Wieso hast du ihn denn eingesetzt und zieht er die Luft raus oder bläst sie rein?
Was ist, wenn du das Seitenteil abbaust, ändert sich was?


----------



## CoCo (31. Juli 2009)

*AW: EKL Groß Clockner einbauen*

Er bläst Luft rein. Eingebaut habe ich Ihnen um die Grafikkarte besser zukühlen.
Seitenteil abgemacht habe ich nicht.


----------



## quantenslipstream (31. Juli 2009)

*AW: EKL Groß Clockner einbauen*



CoCo schrieb:


> Er bläst Luft rein. Eingebaut habe ich Ihnen um die Grafikkarte besser zukühlen.
> Seitenteil abgemacht habe ich nicht.


 
Die Grafikkarte brauchst du nicht besser zu kühlen, reinblasen ist das falscheste, was du machen kannst.
Ist denn die GraKa recht nahe am Sockel?


----------



## Wendigo (31. Juli 2009)

*AW: EKL Groß Clockner einbauen*

Unter Windows hab ich so ne Temp von 40

Nun überlege ich schon seit einiger Zeit, ob ich den Lüfter falsch rum drin hab oder mit der Wärmeleitpaste gepfuscht habe.

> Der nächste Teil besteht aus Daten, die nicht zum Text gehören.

-- ===== src/Cache/Effect.antt =====
-- Each access of the cache has one effect of the protocol.
use cl_kmeans.Prelude.{
  Bool, true, false, ℕ, ◌-◌, ◌≤◌, some, ℤ, pos, ◌≡◌, inl, inr, get_elem?, refl, arith, Ensures,
  Ensures-bind, Ensures-if, Ensures-elim, Ensures-map, Ensures-ℤ, ltb, leb, ◌==◌, List, [], ◌∷◌, ap,
  Option-cases, Bool-cases, ==_iff, ◌∙◌,
}
use cl_kmeans.Cache.State.{
  sub64, add32, failure, Queue, BufferDesc, Event, WaitList, SlotLockStatus, free, read_lock,
  write_lock, Slot, Cache, slot_at, modify_slot,
}
use cl_kmeans.Cache.Find.{find_device_id, find_buffer_id, find_cache_slot, assign_cache_slot}
use cl_kmeans.Cache.Lock.{
  set_lock, lock_read, release, change_lock, try_read_lock, unlock, unlock_list, unlock_buffer,
}
use cl_kmeans.Cache.Transfer.{Reply, read, write_slot, write_and_get, get_slot, get, fail}
use cl_kmeans.Cache.Protocol.{
  Fits, shares_first, shares, locks, loads, unshares, unlocks, Effect, quiet, step,
}
use cl_kmeans.Cache.Lookup.{InRange, find_buffer_id-InRange, assign_cache_slot-free}
use cl_kmeans.Cache.Writes.{Quiet, Quiet-refl, modify_slot-Writes, modify_slot_id-Quiet, read-Quiet}
use cl_kmeans.Cache.Store.{Wrote, refused, stuck, done, write_slot-Wrote}

Wrote-Effect :
    (c : Cache) (queue : Queue) (did i oid buffer_id begin size : ℕ) (s : Slot) (r : Reply)
    → (h : slot_at c did i ≡ some s) → s.status ≡ free
    → Fits c i oid buffer_id begin size
    → Wrote c queue did i oid buffer_id begin size h r
    → Effect false c r.cache
Wrote-Effect c queue did i oid buffer_id begin size s r h e fits (refused q _) = quiet q
Wrote-Effect c queue did i oid buffer_id begin size s r h e fits (stuck w _) =
    step did i s _ h (locks e) w
Wrote-Effect c queue did i oid buffer_id begin size s r h e fits (done w) =
    step did i s _ h (loads oid buffer_id begin size w.stored refl e fits) w.writes

abbrev Replies : Cache → Reply → Type 0
Replies c r = Effect false c r.cache

fail-Effect :
    (c : Cache) (buffers : List BufferDesc) (event : Event)
    → Ensures (Replies c) (fail buffers event c)
fail-Effect c buffers event = quiet (Quiet-refl c)

write_slot-Effect :
    (c : Cache) (queue : Queue) (did i oid buffer_id begin size : ℕ) (buffers : List BufferDesc)
    (event : Event) (wait_list : WaitList)
    → assign_cache_slot c did oid ≡ some (pos i)
    → InRange c oid begin buffer_id
    → size ≤ c.buffer_size
    → Ensures
        (Replies c)
        (write_slot c queue did i oid buffer_id begin size buffers event wait_list)
unfolding write_slot
write_slot-Effect c queue did i oid buffer_id begin size buffers event wait_list a r l =
    elim (Option-cases (slot_at c did i)) [
      | inl e ↦ rw (e, write_slot) tt
      | inr (s, e) ↦
          let (unlocked, own) = assign_cache_slot-free c did oid i a e in
          Ensures-map (Wrote c queue did i oid buffer_id begin size e) (Replies c)
            (λ reply.
              Wrote-Effect c queue did i oid buffer_id begin size s reply e unlocked
                (record { range = r; slot = own; small = l }))
            (write_slot c queue did i oid buffer_id begin size buffers event wait_list)
            (write_slot-Wrote c queue did i oid buffer_id begin size e buffers event wait_list
              unlocked)
    ]

pub write_and_get-Effect :
    (c : Cache) (queue : Queue) (oid begin end : ℕ) (buffers : List BufferDesc) (event : Event)
    (wait_list : WaitList)
    → Ensures (Replies c) (write_and_get c queue oid begin end buffers event wait_list)
unfolding write_and_get
write_and_get-Effect c queue oid begin end buffers event wait_list =
    Ensures-if P (ltb c.buffer_size size) _ _ (λ _. failed)
      λ l.
        Ensures-ℤ P (find_device_id c queue.device) _ _
          (λ did _.
            Ensures-ℤ P (find_buffer_id c did oid begin 0).0 _ _
              (λ _ found. Ensures-bind P (assign_cache_slot c did oid) _ λ assigned a.
                Ensures-ℤ P assigned _ _
                  (λ i e.
                    write_slot-Effect c queue did i oid (find_buffer_id c did oid begin 0).1 begin
                      size buffers event wait_list (a ∙ ap some e)
                      (find_buffer_id-InRange c did oid begin 0 found) (ground arith))
                  (λ _ _. failed))
              (λ _ _. failed))
          (λ _ _. failed)
  where
    P : Reply → Type 0
    P = Replies c

    size : ℕ
    size = sub64 end begin

    failed : Ensures P (fail buffers event c)
    failed = fail-Effect c buffers event

module _ (c : Cache) (did i : ℕ) where
  abbrev Changes : Bool → ℤ × Cache → Type 0
  Changes unlocking (_, c') = Effect unlocking c c'

  lock_read-Effect :
      (s : Slot) (status : SlotLockStatus)
      → slot_at c did i ≡ some s
      → s.status ≡ status
      → Effect false c (modify_slot c did i (lock_read status s.count).1)
  unfolding lock_read
  lock_read-Effect s free h e =
      step did i s _ h (shares_first e) (modify_slot-Writes did i c (set_lock read_lock 1) h)
  lock_read-Effect s read_lock h e =
      step did i s _ h (shares e)
        (modify_slot-Writes did i c (set_lock read_lock (add32 s.count 1)) h)
  lock_read-Effect s write_lock h e = quiet (modify_slot_id-Quiet did i c h)

  release-Effect :
      (s : Slot) (status : SlotLockStatus)
      → slot_at c did i ≡ some s
      → s.status ≡ status
      → Effect true c (modify_slot c did i (release status s.count).1)
  unfolding release
  release-Effect s free h e = quiet (modify_slot_id-Quiet did i c h)
  release-Effect s write_lock h e =
      step did i s _ h (unlocks refl (inl e)) (modify_slot-Writes did i c (set_lock free 0) h)
  release-Effect s read_lock h e = elim (Bool-cases (s.count == 1)) [
    | inl one ↦ rw one (
        step did i s _ h (unlocks refl (inr (e, (==_iff s.count 1).0 one)))
          (modify_slot-Writes did i c (set_lock free 0) h))
    | inr more ↦ rw more (
        step did i s _ h (unshares refl e (ground arith))
          (modify_slot-Writes did i c (set_lock read_lock (s.count - 1)) h))
  ]

  try_read_lock-Effect : Ensures (Changes false) (try_read_lock c did i)
  unfolding try_read_lock
  try_read_lock-Effect = Ensures-bind (Changes false) (get_elem? c.device_info did) _ λ dev _.
      Ensures-if (Changes false) (leb dev.num_slots i) (some (failure, c))
        (change_lock lock_read c did i) (λ _. quiet (Quiet-refl c))
        λ _.
          Ensures-bind (Changes false) (slot_at c did i) _ λ s h. lock_read-Effect s s.status h refl

  change_lock-Effect : Ensures (Changes true) (change_lock release c did i)
  unfolding change_lock
  change_lock-Effect =
      Ensures-bind (Changes true) (slot_at c did i) _ λ s h. release-Effect s s.status h refl

unlock_buffer-Effect :
    (c : Cache) (did oid buf_id : ℕ)
    → Ensures (λ r. Effect true c r.1) (unlock_buffer c did oid buf_id)
unfolding unlock_buffer
unlock_buffer-Effect c did oid buf_id =
    Ensures-ℤ (λ r. Effect true c r.1) (find_cache_slot c did oid buf_id) _ _
      (λ i _. change_lock-Effect c did i) (λ _ _. quiet (Quiet-refl c))

unlock_list-Effect :
    (c : Cache) (did oid : ℕ) (buffers : List BufferDesc)
    → Ensures (λ r. Effect true c r.1) (unlock_list c did oid buffers)
unfolding unlock_list
unlock_list-Effect c did oid [] = quiet (Quiet-refl c)
unlock_list-Effect c did oid (desc ∷ []) = unlock_buffer-Effect c did oid desc.buffer_id
unlock_list-Effect c did oid (desc ∷ more ∷ rest) = quiet (Quiet-refl c)

pub unlock-Effect :
    (c : Cache) (queue : Queue) (oid : ℕ) (buffers : List BufferDesc)
    → Ensures (λ r. Effect true c r.1) (unlock c queue oid buffers)
unfolding unlock
unlock-Effect c queue oid buffers =
    Ensures-ℤ (λ r. Effect true c r.1) (find_device_id c queue.device) _ _
      (λ did _. unlock_list-Effect c did oid buffers) (λ _ _. quiet (Quiet-refl c))

pub read-Effect :
    (c : Cache) (queue : Queue) (oid begin end : ℕ) (event : Event) (wait_list : WaitList)
    → Ensures (λ r. Effect false c r.2) (read c queue oid begin end event wait_list)
read-Effect c queue oid begin end event wait_list =
    Ensures-map (λ r. Quiet c r.2) (λ r. Effect false c r.2) (λ r. quiet)
      (read c queue oid begin end event wait_list)
      (read-Quiet c queue oid begin end event wait_list)

get_slot-Effect :
    (c : Cache) (did i buffer_id size : ℕ) (buffers : List BufferDesc) (event : Event)
    → Ensures (Replies c) (get_slot c did i buffer_id size buffers event)
unfolding get_slot
get_slot-Effect c did i buffer_id size buffers event =
    Ensures-bind P (try_read_lock c did i) _ λ r e.
      let effect : Effect false c r.1 =
        Ensures-elim (Changes c did i false) (try_read_lock c did i) (try_read_lock-Effect c did i)
          e in
      Ensures-ℤ P r.0 _ _ (λ _ _. Ensures-bind P (slot_at r.1 did i) _ λ _ _. effect)
        (λ _ _. effect)
  where
    P : Reply → Type 0
    P = Replies c

pub get-Effect :
    (c : Cache) (queue : Queue) (oid begin end : ℕ) (buffers : List BufferDesc) (event : Event)
    (wait_list : WaitList)
    → Ensures (Replies c) (get c queue oid begin end buffers event wait_list)
unfolding get
get-Effect c queue oid begin end buffers event wait_list =
    Ensures-if P (ltb c.buffer_size (sub64 end begin)) _ _ (λ _. quiet same)
      λ _.
        Ensures-ℤ P (find_device_id c queue.device) _ _
          (λ did _.
            Ensures-ℤ P (find_buffer_id c did oid begin 0).0 _ _
              (λ _ _.
                Ensures-ℤ P (find_cache_slot c did oid (find_buffer_id c did oid begin 0).1) _ _
                  (λ i _. get_slot-Effect c did i _ (sub64 end begin) buffers event)
                  (λ k _.
                    Ensures-if P (k == 1) _ _
                      (λ _. write_and_get-Effect c queue oid begin end buffers event wait_list)
                      (λ _. quiet same)))
              (λ _ _. quiet same))
          (λ _ _. quiet same)
  where
    P : Reply → Type 0
    P = Replies c

    same : Quiet c c
    same = Quiet-refl c
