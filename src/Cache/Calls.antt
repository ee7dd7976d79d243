-- ===== src/Cache/Calls.antt =====
-- The calls of the cache as data, and histories of calls.
use cl_kmeans.Prelude.{
  ℕ, Bool, true, false, List, [], ◌∷◌, Option, some, ◌>>=◌, Ensures, Ensures-then,
}
use cl_kmeans.Cache.State.{ObjectMode, Device, Queue, BufferDesc, Event, WaitList, Cache}
use cl_kmeans.Cache.Setup.{add_device, add_object}
use cl_kmeans.Cache.Lock.{unlock}
use cl_kmeans.Cache.Transfer.{read, write_and_get, get}
use cl_kmeans.Cache.Protocol.{Effect}
use cl_kmeans.Cache.Effect.{get-Effect, write_and_get-Effect, read-Effect, unlock-Effect}

-- A call on a range of an object, or on its buffers.
pub data Access : Type 0 where
  gets writes : Queue → (oid begin end : ℕ) → List BufferDesc → Event → WaitList → Access
  reads : Queue → (oid begin end : ℕ) → Event → WaitList → Access
  unlocks : Queue → ℕ → List BufferDesc → Access

pub data Call : Type 0 where
  adds_device : Device → ℕ → Call
  adds_object : (data_object size : ℕ) → ObjectMode → Call
  accesses : Access → Call

abbrev pub is_unlock : Access → Bool
is_unlock (unlocks queue oid buffers) = true
is_unlock (gets queue oid begin end buffers event wait_list) = false
is_unlock (writes queue oid begin end buffers event wait_list) = false
is_unlock (reads queue oid begin end event wait_list) = false

-- The cache after a call; `none` is undefined behaviour.
unfoldable pub access : Cache → Access → Option Cache
access c (gets queue oid begin end buffers event wait_list) = do
  r ← get c queue oid begin end buffers event wait_list
  some r.cache
access c (writes queue oid begin end buffers event wait_list) = do
  r ← write_and_get c queue oid begin end buffers event wait_list
  some r.cache
access c (reads queue oid begin end event wait_list) = do
  r ← read c queue oid begin end event wait_list
  some r.2
access c (unlocks queue oid buffers) = do r ← unlock c queue oid buffers; some r.1

module _ (enqueue_map_buffer : ℕ → ℕ) where
  unfoldable pub call : Cache → Call → Option Cache
  unfolding access
  call c (adds_device device pool_size) = some (add_device enqueue_map_buffer c device pool_size).1
  call c (adds_object data_object size mode) = some (add_object c data_object size mode).1
  call c (accesses a) = access c a

  unfoldable pub run : Cache → List Call → Option Cache
  unfolding call
  run c [] = some c
  run c (x ∷ calls) = do c' ← call c x; run c' calls

-- Each access has one effect of the protocol.
pub access-Effect : (c : Cache) (a : Access) → Ensures (Effect (is_unlock a) c) (access c a)
unfolding access
access-Effect c (gets queue oid begin end buffers event wait_list) =
    Ensures-then (Effect false c) (λ r. r.cache) _
      (get-Effect c queue oid begin end buffers event wait_list)
access-Effect c (writes queue oid begin end buffers event wait_list) =
    Ensures-then (Effect false c) (λ r. r.cache) _
      (write_and_get-Effect c queue oid begin end buffers event wait_list)
access-Effect c (reads queue oid begin end event wait_list) =
    Ensures-then (Effect false c) (λ r. r.2) _ (read-Effect c queue oid begin end event wait_list)
access-Effect c (unlocks queue oid buffers) =
    Ensures-then (Effect true c) (λ r. r.1) _ (unlock-Effect c queue oid buffers)
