-- ===== src/Cache/Valid.antt =====
-- The well-formedness of the cache, kept by every access.
use mathlib.Core.Option.{some-injective}
use mathlib.Core.Path.{subst₂}
use cl_kmeans.Prelude.{
  ℕ, zero, suc, ◌^◌, ◌-◌, ◌≤◌, ◌<◌, Bool, List, [], ◌∷◌, some, pos, negsuc, ◌≡◌, ◌≢◌, ◌⊎◌, inl, inr,
  refl, arith, ◌∙◌, ap, sym, subst, ℕ_discrete, get_elem?, length, length-modify,
}
use cl_kmeans.Cache.State.{
  free, read_lock, write_lock, SlotLockStatus, Slot, DeviceInfo, ObjectInfo, ObjectMode, Cache,
  slot_at, slot_of, add32,
}
use cl_kmeans.Cache.Lock.{set_lock}
use cl_kmeans.Cache.Slots.{put, slot_of-put_ne}
use cl_kmeans.Cache.Writes.{Writes-slot}
use cl_kmeans.Cache.Protocol.{
  Fits, SlotStep, shares_first, shares, locks, loads, unshares, unlocks, Effect, quiet, step,
}

-- The count that a status calls for, where no slot has more than `k` readers.
abbrev pub LockValid : ℕ → SlotLockStatus → ℕ → Type 0
LockValid k free count = count ≡ 0
LockValid k write_lock count = count ≡ 1
LockValid k read_lock count = (1 ≤ count) × (count ≤ k)

pub record IsEmpty (s : Slot) : Type 0 where
  pub object_id : s.cached_object_id ≡ negsuc 0
  pub buffer_id : s.cached_buffer_id ≡ 0
  pub ptr : s.cached_ptr ≡ 0
  pub content_length : s.cached_content_length ≡ 0

-- The slot holds a range that begins in an object that has this slot.
pub record IsOccupied (c : Cache) (i : ℕ) (s : Slot) : Type 0 where
  pub oid : ℕ
  pub object_id : s.cached_object_id ≡ pos oid
  pub fits : Fits c i oid s.cached_buffer_id s.cached_ptr s.cached_content_length

pub record SlotValid (k : ℕ) (c : Cache) (i : ℕ) (s : Slot) : Type 0 where
  pub lock : LockValid k s.status s.count
  pub content : IsEmpty s ⊎ IsOccupied c i s

-- A read of the mode that lies before the objects gives some mode.
abbrev pub ReadsBefore : Cache → Type 0
ReadsBefore c = (mode : ObjectMode) × (c.before_objects ≡ some mode)

-- Every slot is empty, or holds a range that begins in an object.
abbrev pub Contents : Cache → Type 0
Contents c = (did i : ℕ) (s : Slot) → slot_at c did i ≡ some s → IsEmpty s ⊎ IsOccupied c i s

abbrev pub Sized : List DeviceInfo → Type 0
Sized devs =
    (did : ℕ) (dev : DeviceInfo) → get_elem? devs did ≡ some dev → dev.num_slots ≡ length dev.slots

pub record IsValid (k : ℕ) (c : Cache) : Type 0 where
  pub sized : Sized c.device_info
  pub slots : (did i : ℕ) (s : Slot) → slot_at c did i ≡ some s → SlotValid k c i s

-- A range stays a range while the objects keep their places.
pub Fits-mono :
    {c c' : Cache} {i oid buffer_id begin size : ℕ}
    → ((o : ObjectInfo)
        → get_elem? c.object_info oid ≡ some o
        → get_elem? c'.object_info oid ≡ some o)
    → c'.buffer_size ≡ c.buffer_size
    → Fits c i oid buffer_id begin size
    → Fits c' i oid buffer_id begin size
Fits-mono f e fits = record {
  range = record {
    object = fits.range.object;
    found = f fits.range.object fits.range.found;
    valid = fits.range.valid;
    not_null = fits.range.not_null;
    from = fits.range.from;
    to = fits.range.to;
    offset = fits.range.offset;
  };
  slot = fits.slot;
  small = omega arith;
}

LockValid-suc :
    (k count : ℕ) (status : SlotLockStatus)
    → LockValid k status count
    → LockValid (suc k) status count
LockValid-suc k count free h = h
LockValid-suc k count write_lock h = h
LockValid-suc k count read_lock h = omega arith

pub SlotValid-mono :
    (k : ℕ) {c c' : Cache} {i : ℕ} {s : Slot}
    → ((oid : ℕ) (o : ObjectInfo)
        → get_elem? c.object_info oid ≡ some o
        → get_elem? c'.object_info oid ≡ some o)
    → c'.buffer_size ≡ c.buffer_size
    → SlotValid k c i s
    → SlotValid k c' i s
SlotValid-mono k {c} {c'} {i} {s} f e v = record { lock = v.lock; content = moved v.content }
  where
    moved : IsEmpty s ⊎ IsOccupied c i s → IsEmpty s ⊎ IsOccupied c' i s
    moved (inl h) = inl h
    moved (inr h) =
        inr (record { oid = h.oid; object_id = h.object_id; fits = Fits-mono (f h.oid) e h.fits })

pub SlotValid-suc :
    (k : ℕ) (c : Cache) (i : ℕ) (s : Slot) → SlotValid k c i s → SlotValid (suc k) c i s
SlotValid-suc k c i s v = record {
  lock = LockValid-suc k s.count s.status v.lock;
  content = v.content;
}

-- The content of a slot with another lock.
module _ (k : ℕ) (u : Bool) (c : Cache) (i : ℕ) (s : Slot) where
  relocked :
      (status : SlotLockStatus) (count : ℕ)
      → LockValid (suc k) status count
      → SlotValid k c i s
      → SlotValid (suc k) c i (set_lock status count s)
  relocked status count h v = record { lock = h; content = kept v.content }
    where
      kept :
          IsEmpty s ⊎ IsOccupied c i s
          → IsEmpty (set_lock status count s) ⊎ IsOccupied c i (set_lock status count s)
      kept (inl e) = inl (record {
        object_id = e.object_id;
        buffer_id = e.buffer_id;
        ptr = e.ptr;
        content_length = e.content_length;
      })
      kept (inr e) = inr (record { oid = e.oid; object_id = e.object_id; fits = e.fits })

  counted : s.status ≡ read_lock → SlotValid k c i s → (1 ≤ s.count) × (s.count ≤ k)
  counted e v = subst (λ status. LockValid k status s.count) e v.lock

  SlotStep-SlotValid :
      {s' : Slot}
      → suc k < 2 ^ 32
      → SlotValid k c i s
      → SlotStep u c i s s'
      → SlotValid (suc k) c i s'
  SlotStep-SlotValid l v (shares_first e) = relocked read_lock 1 (omega arith) v
  SlotStep-SlotValid l v (shares e) =
      relocked read_lock (add32 s.count 1) (omega (arith, counted e v)) v
  SlotStep-SlotValid l v (locks e) = relocked write_lock 1 refl v
  SlotStep-SlotValid l v (loads oid buffer_id begin size b _ e fits) = record {
    lock = refl;
    content = inr (record { oid = oid; object_id = refl; fits = fits });
  }
  SlotStep-SlotValid l v (unshares _ e n) =
      relocked read_lock (s.count - 1) (omega (arith, counted e v)) v
  SlotStep-SlotValid l v (unlocks _ e) = relocked free 0 refl v

put-Sized : (devs : List DeviceInfo) (did i : ℕ) (s : Slot) → Sized devs → Sized (put devs did i s)
put-Sized [] did i s h did' dev' e = h did' dev' e
put-Sized (x ∷ devs) zero i s h zero dev' e =
    subst (λ d. d.num_slots ≡ length d.slots) (some-injective _ dev' e)
      (h zero x refl ∙ sym (length-modify x.slots i (λ _. s)))
put-Sized (x ∷ devs) zero i s h (suc did') dev' e = h (suc did') dev' e
put-Sized (x ∷ devs) (suc did) i s h zero dev' e = h zero dev' e
put-Sized (x ∷ devs) (suc did) i s h (suc did') dev' e =
    put-Sized devs did i s (λ d dev. h (suc d) dev) did' dev' e

-- The slot before the effect.
pub data Before (u : Bool) (c : Cache) (did i : ℕ) (s' : Slot) : Type 0 where
  stayed : slot_at c did i ≡ some s' → Before u c did i s'
  moved : (s : Slot) → slot_at c did i ≡ some s → SlotStep u c i s s' → Before u c did i s'

pub Effect-Before :
    (u : Bool) (c c' : Cache) (did i : ℕ) {s' : Slot}
    → slot_at c' did i ≡ some s'
    → Effect u c c'
    → Before u c did i s'
Effect-Before u c c' did i h (quiet q) = stayed (ap (λ d. slot_of d did i) (sym q.devices) ∙ h)
Effect-Before u c c' did i {s'} h (step did' j t t' h' m w) = elim (ℕ_discrete did' did) [
  | yes e ↦ elim (ℕ_discrete j i) [
    | yes e' ↦
        let here : slot_at c did i ≡ some t = subst₂ (λ k k'. slot_at c k k' ≡ some t) e e' h' in
        let now : slot_at c' did i ≡ some t' =
          subst₂ (λ k k'. slot_at c' k k' ≡ some t') e e' (Writes-slot did' j h' w) in
        let m' : SlotStep u c i t t' = subst (λ k. SlotStep u c k t t') e' m in
        moved t here (subst (λ x. SlotStep u c i t x) (some-injective t' s' (sym now ∙ h)) m')
    | no n ↦ stayed (unmoved (inr n))
  ]
  | no n ↦ stayed (unmoved (inl n))
]
  where
    unmoved : (did' ≢ did) ⊎ (j ≢ i) → slot_at c did i ≡ some s'
    unmoved n =
        sym (slot_of-put_ne c.device_info did' j t' did i n)
        ∙ ap (λ d. slot_of d did i) (sym w.devices)
        ∙ h

Effect-Sized :
    (u : Bool) (c c' : Cache) → Effect u c c' → Sized c.device_info → Sized c'.device_info
Effect-Sized u c c' (quiet q) h = subst Sized (sym q.devices) h
Effect-Sized u c c' (step did i s s' e m w) h =
    subst Sized (sym w.devices) (put-Sized c.device_info did i s' h)

pub Effect-before : (u : Bool) (c c' : Cache) → Effect u c c' → c'.before_objects ≡ c.before_objects
Effect-before u c c' (quiet q) = q.before
Effect-before u c c' (step did i s s' e m w) = w.before

pub Effect-objects : (u : Bool) (c c' : Cache) → Effect u c c' → c'.object_info ≡ c.object_info
Effect-objects u c c' (quiet q) = q.objects
Effect-objects u c c' (step did i s s' e m w) = w.objects

pub Effect-size : (u : Bool) (c c' : Cache) → Effect u c c' → c'.buffer_size ≡ c.buffer_size
Effect-size u c c' (quiet q) = q.size
Effect-size u c c' (step did i s s' e m w) = w.size

Before-SlotValid :
    (k : ℕ) (u : Bool) (c : Cache) (did i : ℕ) (s' : Slot)
    → suc k < 2 ^ 32
    → IsValid k c
    → Before u c did i s'
    → SlotValid (suc k) c i s'
Before-SlotValid k u c did i s' l v (stayed h) = SlotValid-suc k c i s' (v.slots did i s' h)
Before-SlotValid k u c did i s' l v (moved s h m) =
    SlotStep-SlotValid k u c i s l (v.slots did i s h) m

pub Effect-IsValid :
    (k : ℕ) (u : Bool) (c c' : Cache)
    → suc k < 2 ^ 32
    → IsValid k c
    → Effect u c c'
    → IsValid (suc k) c'
Effect-IsValid k u c c' l v e = record {
  sized = Effect-Sized u c c' e v.sized;
  slots = λ did i s h.
      SlotValid-mono (suc k)
        (λ oid o found. ap (λ os. get_elem? os oid) (Effect-objects u c c' e) ∙ found)
        (Effect-size u c c' e)
        (Before-SlotValid k u c did i s l v (Effect-Before u c c' did i h e));
}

120mm Lüfter vorne im Gehäuse und Lüfter vom Jühler blasen beide nach hinten. 
So stimmt es doch, oder?


----------



## CoCo (31. Juli 2009)

*AW: EKL Groß Clockner einbauen*

Am Sockel wovon? Vom Lüfter ? Der Lüfter hängt direkt über der Grafikkarte.

Naja das Umdrehen des Lüfters ist ja nicht das größte Problem.


----------



## quantenslipstream (31. Juli 2009)

*AW: EKL Groß Clockner einbauen*



Wendigo schrieb:


> Unter Windows hab ich so ne Temp von 40
> 
> Nun überlege ich schon seit einiger Zeit, ob ich den Lüfter falsch rum drin hab oder mit der Wärmeleitpaste gepfuscht habe.
> 
> ...


 
Du hast 40° im Idle?
Wie warm ist es bei dir im Zimmer?
Der vordere muss die Luft ansaugen, der hintere ausblasen.



CoCo schrieb:


> Am Sockel wovon? Vom Lüfter ? Der Lüfter hängt direkt über der Grafikkarte.
> 
> Naja das Umdrehen des Lüfters ist ja nicht das größte Problem.


 
Wie weit ist die Graka vom CPU Sockel weg, vielleicht überträgt sich die Wärme auf den Sockel.
Wie warm ist es bei dir im Zimmer?


----------



## Wendigo (31. Juli 2009)

*AW: EKL Groß Clockner einbauen*

Idle??

Wenn ich Windows so normal laufen lassem dabb habe ich 40 Grad

Meinst du die Gehäuselüfter??


----------



## CoCo (31. Juli 2009)

*AW: EKL Groß Clockner einbauen*

Graka - Sockel ca. 11cm
Graka - Lamellen Groß Clockner ca. 6cm

Temperatur: Schwer einzuschätzen habe kein Thermometer hier im Zimmer. Denke mal so ca. 22°


----------



## quantenslipstream (31. Juli 2009)

*AW: EKL Groß Clockner einbauen*



Wendigo schrieb:


> Idle??
> 
> Wenn ich Windows so normal laufen lassem dabb habe ich 40 Grad
> 
> Meinst du die Gehäuselüfter??


 
Mit Idle ist surfen im Netz gemeint.
Unter Last kannst du Bencharktests oder eben spielen verstehen.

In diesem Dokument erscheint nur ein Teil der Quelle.